El fin de semana tuvimos vistas en San Clemente, fuimos honrados por la presencia del eminente profesor y cineasta enano Rafael Filippelli. Con él vi los clásicos, pero no lo podía obligar a ver el resto, de modo que, cabalgando entre el deber con los lectores y la cortesía con el invitado, estuve espiando el resto de los partidos. Lunes y martes tuve que terminar el trabajo acumulado así que, aquí estoy, el miércoles, comenzando una edición atípica de Fútbol por TV.

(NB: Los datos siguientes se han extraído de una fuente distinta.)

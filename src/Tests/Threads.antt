-- ===== src/Tests/Threads.antt =====
-- Runs of the theorems about the server, with the packets of a client.
use ai_xr_project.Base.{
  ℕ, ◌+◌, ◌-◌, ◌%◌, ◌^◌, ◌<◌, ◌≡◌, refl, ap, ◌∙◌, List, [], ◌∷◌, ◌++◌, none, some, Bool, true,
  false, arith, if◌then◌else◌, ◌==◌, length, length-append,
}
use ai_xr_project.Base.Dict.{find, erase, put}
use ai_xr_project.Rudp.{Bytes}
use ai_xr_project.Rudp.Drain.{seq_max}
use ai_xr_project.Session.{no_transform, SockAddr, new_session}
use ai_xr_project.SessionManager.{
  new_manager, deref, make_key, find_by_addr, create_or_get, register, drop_stale,
}
use ai_xr_project.SessionManager.Consistent.{
  IsConsistent, new_manager-IsConsistent, create_or_get-IsConsistent,
}
use ai_xr_project.LogicQueue.{new_queue}
use ai_xr_project.Packets.{header_of, header_bytes, PacketHeader, pkt_heartbeat}
use ai_xr_project.Packets.Entries.{IsTransform}
use ai_xr_project.Packets.Codec.{header_of-header_bytes, length-header_bytes}
use ai_xr_project.Server.{
  Server, LogicWorkItem, started, session_at, dispatch_packet, update_session, modify,
}
use ai_xr_project.Server.App.{queue_at, set_queue, handle_leave}
use ai_xr_project.Server.Reliable.{reliable_header}
use ai_xr_project.Server.Dispatch.{too_short, IsReliable, lane_of, dispatch_packet_refused}
use ai_xr_project.Server.Handled.{Handled, dispatch_packet_reliable}
use ai_xr_project.Server.Acks.{IsAck, dispatch_packet_acked}
use ai_xr_project.Server.Workers.{got, workers}
use ai_xr_project.Server.Workers.Reordered.{overtaking, workers-reordered}
use ai_xr_project.Server.LogicThread.{logic_rounds, handled, with_queues, logic_rounds-handled}
use ai_xr_project.Server.Leave.{find-handle_leave}
use ai_xr_project.Server.Broadcast.{broadcast_tick}
use ai_xr_project.Server.Ticks.{Tick, Fitting, broadcast_tick_sent}
use ai_xr_project.Server.Invariant.{IsServer}
use ai_xr_project.Server.Runs.{start, arrival, Reachable-IsServer}

abbrev always : ℕ → Bool
always n = true

abbrev at_home : SockAddr
at_home = record { s_addr = 0x0a00_0001; sin_port = 5000 }

-- The server after user 7 joined from home at time 100.
abbrev with_session : Server
unfolding started create_or_get register drop_stale find put erase
with_session = record started { manager = (create_or_get new_manager 7 at_home 100).0 }

-- The client's reliable heartbeats, with 12 bytes of body.
abbrev body : Bytes
body = 7 ∷ 0 ∷ 0 ∷ 0 ∷ 0 ∷ 0 ∷ 0 ∷ 0 ∷ 0 ∷ 0 ∷ 0 ∷ 0 ∷ []

abbrev heartbeat_header : ℕ → PacketHeader
unfolding reliable_header
heartbeat_header s = reliable_header pkt_heartbeat 12 s 0

unfoldable heartbeat : ℕ → Bytes
heartbeat s = header_bytes (heartbeat_header s) ++ body

heartbeat-header : (s : ℕ) → s < seq_max → header_of (heartbeat s) ≡ heartbeat_header s
unfolding heartbeat heartbeat_header
heartbeat-header s h = header_of-header_bytes (heartbeat_header s) body (record {
  magic_0_byte = omega arith;
  magic_1_byte = omega arith;
  version_byte = omega arith;
  type_byte = omega arith;
  body_len_word = omega arith;
  seq_num_word = omega arith;
  ack_num_word = omega arith;
  flags_byte = omega arith;
})

length-heartbeat : (s : ℕ) → length (heartbeat s) ≡ 27
unfolding heartbeat
length-heartbeat s =
    length-append (header_bytes (heartbeat_header s)) body
    ∙ ap (λ n. n + 12) (length-header_bytes (heartbeat_header s))

heartbeat-IsReliable : (s : ℕ) → s < seq_max → IsReliable (heartbeat s)
unfolding heartbeat_header
heartbeat-IsReliable s h = record {
  whole = rw (heartbeat-header s h, length-heartbeat s) (omega arith);
  ours_0 = rw (heartbeat-header s h);
  ours_1 = rw (heartbeat-header s h);
  first_version = rw (heartbeat-header s h);
  long_join = rw (heartbeat-header s h) (λ e. omega arith);
  flagged = rw (heartbeat-header s h) refl;
}

dispatch_packet_reliable_example :
    Handled with_session
      (dispatch_packet always with_session (heartbeat 1) at_home 120)
      0
      (heartbeat 1)
      120
unfolding with_session started find_by_addr find make_key
dispatch_packet_reliable_example =
    dispatch_packet_reliable always with_session (heartbeat 1) at_home 120 0
      (heartbeat-IsReliable 1 (omega arith)) refl (omega arith)

dispatch_packet_acked_example :
    let sv' = dispatch_packet always with_session (heartbeat 1) at_home 120 in
    (b : Bytes) × (sv'.sent
      ≡ with_session.sent ++ ((session_at with_session 0).remote_addr, b) ∷ [])
    × IsAck
        (session_at with_session 0).user_id
        (((session_at sv' 0).rudp.recv_next_seq + 2 ^ 32 - 1) % 2 ^ 32)
        b
unfolding with_session started find_by_addr find make_key deref new_session
dispatch_packet_acked_example =
    dispatch_packet_acked always (λ n. refl) with_session (heartbeat 1) at_home 120 0
      (heartbeat-IsReliable 1 (omega arith)) refl (omega arith) refl (omega arith)

workers-reordered_example :
    queue_at
      (lane_of with_session 0)
      (workers always
        (overtaking 120)
        with_session
        (got (heartbeat 1) at_home ∷ got (heartbeat 2) at_home ∷ [])).0.logic_queues
    ≡ some (record {
      items =
          []
          ++ record { session_ref = 0; packet = heartbeat 2 }
            ∷ record { session_ref = 0; packet = heartbeat 1 }
            ∷ [];
      shut = false;
    })
unfolding with_session started find_by_addr find make_key deref new_session queue_at
    heartbeat_header
workers-reordered_example =
    workers-reordered always with_session (heartbeat 1) (heartbeat 2) at_home 120 0 new_queue
      (heartbeat-IsReliable 1 (omega arith)) (heartbeat-IsReliable 2 (omega arith))
      (ap (λ (x : PacketHeader). x.seq_num) (heartbeat-header 1 (omega arith)))
      (ap (λ (x : PacketHeader). x.seq_num) (heartbeat-header 2 (omega arith))) refl (omega arith)
      refl refl refl

dispatch_packet_refused_example :
    dispatch_packet always with_session (0x41 ∷ 0x52 ∷ []) at_home 120 ≡ with_session
dispatch_packet_refused_example =
    dispatch_packet_refused always with_session (0x41 ∷ 0x52 ∷ []) at_home 120
      (too_short (omega arith))

abbrev reached : Server
reached = dispatch_packet always started (heartbeat 1) at_home 120

Reachable-IsServer_example : IsServer reached
Reachable-IsServer_example =
    Reachable-IsServer always reached (arrival started (heartbeat 1) at_home 120 start)

abbrev item : ℕ → LogicWorkItem
item s = record { session_ref = 0; packet = heartbeat s }

abbrev with_items : Server
unfolding with_session started
with_items = record with_session {
  logic_queues =
      new_queue ∷ record { items = item 1 ∷ item 2 ∷ []; shut = true } ∷ new_queue ∷ new_queue ∷ [];
}

logic_rounds-handled_example :
    logic_rounds 2 with_items 1
    ≡ with_queues
        (set_queue 1 (record { items = []; shut = true }) with_items.logic_queues)
        (handled with_items (item 1 ∷ item 2 ∷ []))
unfolding with_items queue_at
logic_rounds-handled_example = logic_rounds-handled with_items 1 (item 1 ∷ item 2 ∷ []) true refl

abbrev elsewhere : SockAddr
elsewhere = record { s_addr = 0x0a00_0002; sin_port = 6000 }

-- User 7 has joined again from elsewhere, so the first session is stale.
abbrev joined_again : Server
unfolding with_session started create_or_get register drop_stale find put erase make_key deref
joined_again = record with_session {
  manager = (create_or_get with_session.manager 7 elsewhere 200).0;
}

joined_again-IsConsistent : IsConsistent joined_again.manager
unfolding joined_again with_session started
joined_again-IsConsistent =
    create_or_get-IsConsistent with_session.manager 7 elsewhere 200
      (create_or_get-IsConsistent new_manager 7 at_home 100 new_manager-IsConsistent)

find-handle_leave_example : find_by_addr (handle_leave joined_again 0).manager elsewhere ≡ (
    if (session_at joined_again 1).user_id == (session_at joined_again 0).user_id
    then none
    else some 1)
unfolding joined_again with_session started find_by_addr find make_key
find-handle_leave_example =
    find-handle_leave joined_again 0 1 elsewhere joined_again-IsConsistent refl

-- User 8 has joined from elsewhere and sent a transform.
abbrev two_sessions : Server
unfolding with_session started create_or_get register drop_stale find put erase make_key deref
two_sessions = record with_session {
  manager = (create_or_get with_session.manager 8 elsewhere 200).0;
}

abbrev both_placed : Server
unfolding two_sessions modify
both_placed =
    update_session two_sessions 1 (λ s. record s { transform = record (s.transform) { seq = 4 } })

placed-IsTransform : (n : ℕ) → n < 9 → IsTransform (record no_transform { seq = n })
placed-IsTransform n h = record {
  seq_word = omega arith;
  pos_x_word = omega arith;
  pos_y_word = omega arith;
  pos_z_word = omega arith;
  rot_x_word = omega arith;
  rot_y_word = omega arith;
  rot_z_word = omega arith;
  rot_w_word = omega arith;
  vel_x_word = omega arith;
  vel_y_word = omega arith;
  vel_z_word = omega arith;
  era_byte = omega arith;
  flags_byte = omega arith;
}

both_placed-fit : Fitting both_placed both_placed.manager.by_addr
unfolding both_placed update_session two_sessions with_session started
both_placed-fit = (
  (omega arith, placed-IsTransform 0 (omega arith)),
  ((omega arith, placed-IsTransform 4 (omega arith)), tt),
)

broadcast_tick_sent_example :
    (out : List (SockAddr × Bytes)) × ((broadcast_tick always both_placed 1000).sent
      ≡ both_placed.sent ++ out)
    × Tick both_placed both_placed.manager.by_addr out
unfolding both_placed update_session two_sessions with_session started
broadcast_tick_sent_example =
    broadcast_tick_sent always both_placed 1000 (λ n. refl) refl (omega arith) both_placed-fit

Lavolpe es oficialmente el nuevo técnico de Boca. Es curioso. La repentina fama que adquirió entre nosotros se debe a su cargo como entrenador de la selección mexicana en el mundial, donde su equipo sorprendió a la Argentina durante el primer tiempo. Pero México perdió dos partidos, empató cero a cero con Angola y le ganó a Irán, acaso el peor equipo del mundial. Esta mala actuación le ha valido la admiración del lobby de los resultadistas. Es un poco como el caso de Ruggieri, un técnico esencialmente perdedor al que se contrata por su mística ganadora.

Por lo que vimos en el mundial, Lavolpe reúne varias condiciones desagradables: miente sin complejos, tiene modales de matón, sus equipos son altamente especuladores y es muy autoritario con los jugadores, a los que considera piezas de un juego mecánico. Con él, los más hábiles juegan un ratito si es que juegan y nunca tienen el puesto asegurado. El resultado es lo que ocurrió en el mundial. Mientras que en los demás equipos, algún jugador era figura cuando el equipo ganaba, en México, Lavolpe era la figura aunque perdiera.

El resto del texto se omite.